So Mr. CFO, can you just address the modality table and what is the benefit?

I V L Sridhar

Sir, actually the one time impact that we have taken due to movement in immortality is 520 crores. This is one time going forward the recurring impact will be very negligible.

Rikin Shah

Got it sir. Perfect. Thank you. And sir, if I can just add on one more question. You know in the SBI call just prior to our call they were alluding to some scope to improve the yields on advance as the corporate borrowing moves from the T bill to the mclr. Is this something that we can also possibly do or is that likely or a positive kicker on yields on loan going ahead?

Debadatta Chand

That’s why I said actually when I said the deposit is sticky that means the only scope for us to realign the asset pricing. Right when the rates were really low many MCLR linked loan got replaced with the external benchmark. More particularly TV with the elevated, I mean the rate structure which is prevailing because of the geopolitical issue. I think there is a scope for realigning that portfolio and that is what actually our strategy to look into those pricing very closely.

Rikin Shah

Got it sir, thank you.

Unidentified Participant

The next question is from Jayant Karate.

Unidentified Participant

Thank you for the opportunity. Sir, my question is on the ECL guidelines that have come through. You have been in the past transparent about the impact. I think you’ve called out around 18 bips, sort of a steady state impact. Is the final guideline to your earlier calculation tallying with it, is it better than that or. Or could it be higher than that? That’s the first question.

Debadatta Chand

Yeah, thank you very much for that. Actually earlier it was a draft guideline so it was possible to estimate or guesstimate those impact. Right. So now there is a final guideline. So what is our, I mean stance is that unless and until we compute fully on that it’s not proper to quantify that at this stage. But my sense is that whatever guidance we had given earlier it is not going to. It would be aligned to those numbers. So I’m not expecting any significant change visa with the earlier. I mean although that was a more of a tentative calculation in that manner.

But we want to see the real impact and then possibly articulate better and that would be proper to articulate rather than giving any number at this stage. So that’s what actually I said in the media meet also and I’m seeing it.

Unidentified Participant

The second question is on the trajectory of margins. While I understand your full year guidance is in that 2.75 range.

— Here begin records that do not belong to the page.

-- ===== src/Api/Client.antt =====
-- frontend/src/api/client.ts and tokenStore.ts: the one function that every API call goes through,
-- with the access token, the refresh that all callers share, and the retry after a 401.
--
-- An `async` function is cut at its `await`s. A `Job` is one call in progress, its `Phase` the
-- `await` at which it is suspended; `Shared` holds the variables of the two modules and the traffic.
-- Between two events of the environment (`Event`) the code runs without interruption.
pub mod Flight
pub mod Budget
pub mod Settling
pub mod Restoring
pub mod Progress
mod Tests
use punah_pustak.Common.{
  ℕ, zero, suc, ◌===◌, leb, String, Bool, true, false, not, ◌&&◌, Option, none, some, List, [], ◌∷◌,
  includes, truthy, truthy_option, if◌then◌else◌,
}
use punah_pustak.Common.{◌==◌}
use punah_pustak.Api.Endpoints.{Method}
use punah_pustak.Api.Errors.{ApiErrorEnvelope, api_error, Thrown, api, raised}

-- Paths whose 401 is never answered by a refresh.
abbrev pub no_retry_paths : List String
no_retry_paths = "/api/v1/auth/login" ∷ "/api/v1/auth/register" ∷ "/api/v1/auth/refresh" ∷ []

-- The JSON of a response: the API's error envelope, or a document of the endpoint.
pub data Document (J : Type 0) : Type 0 where
  envelope : ApiErrorEnvelope → Document J
  payload : J → Document J

-- `body` is `none` where `response.json()` rejects.
pub record Response (J : Type 0) : Type 0 where
  pub status : ℕ
  pub body : Option (Document J)

-- How the promise of a call settles; `undefined` is the value for a 204.
pub data Outcome (J : Type 0) : Type 0 where
  undefined : Outcome J
  resolved : Document J → Outcome J
  rejected : Thrown → Outcome J

-- The suspension points of `performFetch`, with its argument `allowRetry` where it is still read.
pub data Phase (J : Type 0) : Type 0 where
  awaiting_restore : Bool → Phase J
  awaiting_response : Bool → Phase J
  awaiting_refresh : Response J → Phase J
  settled : Outcome J → Phase J

-- The endpoint that a call of `apiFetch` is for.
pub record CallTarget : Type 0 where
  pub method : Method
  pub path : String

abbrev pub call_to : Method → String → CallTarget
call_to method path = record { method = method; path = path }

-- A caller of `apiFetch`, or of `restoreSession` (which `AuthProvider` calls on mount).
pub data Job (J : Type 0) : Type 0 where
  fetching : CallTarget → Phase J → Job J
  restoring : Job J
  restored : Option String → Job J
  restore_failed : Job J

-- Traffic with the server; a request carries the `Authorization` token if there is one.
pub data Traffic : Type 0 where
  refresh_request : Traffic
  refresh_answer : Traffic
  resource_request : CallTarget → Option String → Traffic

pub data Notice : Type 0 where
  session_expired : Notice
  password_change_required : Notice

-- The module variables (`handlers`: whether `AuthProvider` has registered its two handlers), the
-- handlers' calls and the traffic, both newest first.
pub record Shared : Type 0 where
  pub access_token : Option String
  pub refresh_in_flight : Bool
  pub handlers : Bool
  pub notices : List Notice
  pub traffic : List Traffic

pub record World (J : Type 0) : Type 0 where
  pub shared : Shared
  pub jobs : List (Job J)

-- How the fetch of `/auth/refresh` ends: a new token, a status that is not ok, or a rejection (the
-- network failed, or the body was not JSON).
pub data RefreshReply : Type 0 where
  refreshed : String → RefreshReply
  refused : RefreshReply
  failed : RefreshReply

pub data Event (J : Type 0) : Type 0 where
  start : CallTarget → Event J
  restore : Event J
  set_handlers : Bool → Event J
  -- `setAccessToken`, which `AuthContext` calls
  set_token : Option String → Event J
  answer : ℕ → Response J → Event J
  lose : ℕ → Event J
  settle_refresh : RefreshReply → Event J

unfoldable pub notify : Notice → Shared → Shared
notify n c = if c.handlers then record c { notices = n ∷ c.notices } else c

-- The `Authorization` header is set only for a truthy token.
abbrev pub authorization : Option String → Option String
authorization t = if truthy_option t then t else none

unfoldable pub refresh_access_token : Shared → Shared
refresh_access_token c =
    if c.refresh_in_flight
    then c
    else record c { refresh_in_flight = true; traffic = refresh_request ∷ c.traffic }

-- `performRefresh` once its fetch has ended, and the `finally` of `refreshAccessToken`.
unfoldable pub perform_refresh : RefreshReply → Shared → Shared
perform_refresh (refreshed t) c = record c {
  access_token = some t;
  refresh_in_flight = false;
  traffic = refresh_answer ∷ c.traffic;
}
perform_refresh refused c = record c {
  access_token = none;
  refresh_in_flight = false;
  traffic = refresh_answer ∷ c.traffic;
}
perform_refresh failed c = record c {
  refresh_in_flight = false;
  traffic = refresh_answer ∷ c.traffic;
}

abbrev pub is_ok : ℕ → Bool
is_ok status = leb 200 status && leb status 299

abbrev pub may_refresh : ℕ → Bool → String → Bool
may_refresh status retry path = (status === 401) && (retry && not (includes no_retry_paths path))

module _ {J : Type 0} where
  -- `performFetch` from the token to the fetch.
  unfoldable pub send : CallTarget → Bool → Shared → Phase J × Shared
  send target retry c = (
    awaiting_response retry,
    record c { traffic = resource_request target (authorization c.access_token) ∷ c.traffic },
  )

  -- `performFetch` up to its first suspension.
  unfoldable pub begin_fetch : CallTarget → Bool → Shared → Phase J × Shared
  unfolding send
  begin_fetch target retry c =
      if c.refresh_in_flight then (awaiting_restore retry, c) else send target retry c

  abbrev pub failure : ℕ → Option (Document J) → Outcome J
  failure status none = rejected (raised "invalid JSON")
  failure status (some (payload _)) = rejected (raised "envelope.error is undefined")
  failure status (some (envelope e)) = rejected (api (api_error status e))

  abbrev pub requires_password_change : Option (Document J) → Bool
  requires_password_change (some (envelope e)) = e.code == "PASSWORD_CHANGE_REQUIRED"
  requires_password_change _ = false

  abbrev pub success : Option (Document J) → Outcome J
  success none = rejected (raised "invalid JSON")
  success (some d) = resolved d

  -- The end of `performFetch`, below the retry.
  unfoldable pub finish : Response J → Shared → Phase J × Shared
  unfolding notify
  finish r c =
      if r.status === 204
      then (settled undefined, c)
      else if is_ok r.status
      then (settled (success r.body), c)
      else (
        settled (failure r.status r.body),
        if requires_password_change r.body then notify password_change_required c else c,
      )

  -- `performFetch` after its fetch.
  unfoldable pub receive : CallTarget → Bool → Response J → Shared → Phase J × Shared
  unfolding refresh_access_token finish
  receive target retry r c =
      if may_refresh r.status retry target.path
      then (awaiting_refresh r, refresh_access_token c)
      else finish r c

  -- `performFetch` after `await refreshAccessToken()`.
  unfoldable pub retry_or_expire :
      CallTarget → Response J → RefreshReply → Shared → Phase J × Shared
  unfolding begin_fetch finish notify
  retry_or_expire target r (refreshed t) c =
      if truthy t then begin_fetch target false c else finish r (notify session_expired c)
  retry_or_expire target r refused c = finish r (notify session_expired c)
  retry_or_expire target r failed c = (settled (rejected (raised "Failed to fetch")), c)

  -- `performFetch` after `await refreshInFlight`, which rethrows a rejection.
  unfoldable pub proceed : CallTarget → Bool → RefreshReply → Shared → Phase J × Shared
  unfolding send
  proceed target retry failed c = (settled (rejected (raised "Failed to fetch")), c)
  proceed target retry _ c = send target retry c

  -- One job goes on when the refresh that all await has ended.
  unfoldable pub wake_phase : CallTarget → Phase J → RefreshReply → Shared → Phase J × Shared
  unfolding proceed retry_or_expire
  wake_phase target (awaiting_restore retry) reply c = proceed target retry reply c
  wake_phase target (awaiting_refresh r) reply c = retry_or_expire target r reply c
  wake_phase target (awaiting_response retry) reply c = (awaiting_response retry, c)
  wake_phase target (settled o) reply c = (settled o, c)

  abbrev pub restored_token : RefreshReply → Job J
  restored_token (refreshed t) = restored (some t)
  restored_token refused = restored none
  restored_token failed = restore_failed

  unfoldable pub wake : RefreshReply → Job J → Shared → Job J × Shared
  unfolding wake_phase
  wake reply (fetching target p) c =
      let (p', c') = wake_phase target p reply c in (fetching target p', c')
  wake reply restoring c = (restored_token reply, c)
  wake reply job c = (job, c)

  -- The oldest job first; between two kinds of waiting the order is not modelled.
  unfoldable pub wake_all : RefreshReply → List (Job J) → Shared → List (Job J) × Shared
  wake_all reply [] c = ([], c)
  wake_all reply (j ∷ js) c =
      let (js', c') = wake_all reply js c in let (j', c'') = wake reply j c' in (j' ∷ js', c'')

  -- The response (`none` where the fetch rejects) reaches a job that awaits one.
  unfoldable pub deliver : Option (Response J) → Job J → Shared → Job J × Shared
  unfolding receive
  deliver (some r) (fetching target (awaiting_response retry)) c =
      let (p, c') = receive target retry r c in (fetching target p, c')
  deliver none (fetching target (awaiting_response retry)) c =
      (fetching target (settled (rejected (raised "Failed to fetch"))), c)
  deliver _ job c = (job, c)

  unfoldable pub deliver_at :
      ℕ → Option (Response J) → List (Job J) → Shared → List (Job J) × Shared
  deliver_at i r [] c = ([], c)
  deliver_at zero r (j ∷ js) c = let (j', c') = deliver r j c in (j' ∷ js, c')
  deliver_at (suc i) r (j ∷ js) c = let (js', c') = deliver_at i r js c in (j ∷ js', c')

  unfoldable pub step : World J → Event J → World J
  unfolding begin_fetch perform_refresh refresh_access_token
  step w (start target) =
      let (p, c) = begin_fetch target true w.shared in
      record { shared = c; jobs = fetching target p ∷ w.jobs }
  step w restore = record { shared = refresh_access_token w.shared; jobs = restoring ∷ w.jobs }
  step w (set_handlers b) = record w { shared = record w.shared { handlers = b } }
  step w (set_token t) = record w { shared = record w.shared { access_token = t } }
  step w (answer i r) =
      let (js, c) = deliver_at i (some r) w.jobs w.shared in record { shared = c; jobs = js }
  step w (lose i) =
      let (js, c) = deliver_at i none w.jobs w.shared in record { shared = c; jobs = js }
  step w (settle_refresh reply) =
      let (js, c) = wake_all reply w.jobs (perform_refresh reply w.shared) in
      if w.shared.refresh_in_flight then record { shared = c; jobs = js } else w

  unfoldable pub run : World J → List (Event J) → World J
  run w [] = w
  run w (e ∷ es) = run (step w e) es

  -- The page just loaded: no token, nothing in flight.
  unfoldable pub initial : World J
  initial = record {
    shared = record {
      access_token = none;
      refresh_in_flight = false;
      handlers = false;
      notices = [];
      traffic = [];
    };
    jobs = [];
  }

Is it fair to assume it will first move down and then move up in the second half given the near term pressure on deposits and given the asset repricing strategy that you’re trying may take a while before it shows up on yields.

Debadatta Chand

You are right. One thing that we are assuming for this quarter at least that the cost structure is going to be sticky. I mean as I said the cost of deposit further moderation going by the current scenario we’re not looking at. So the only way the name we can manage with regard to realigning the asset pricing and that would be one of the key focus as far as our. I mean management work is concerned. But at the same time why slightly we give a conservative number because this IT refund is a flow which is although a continuous one.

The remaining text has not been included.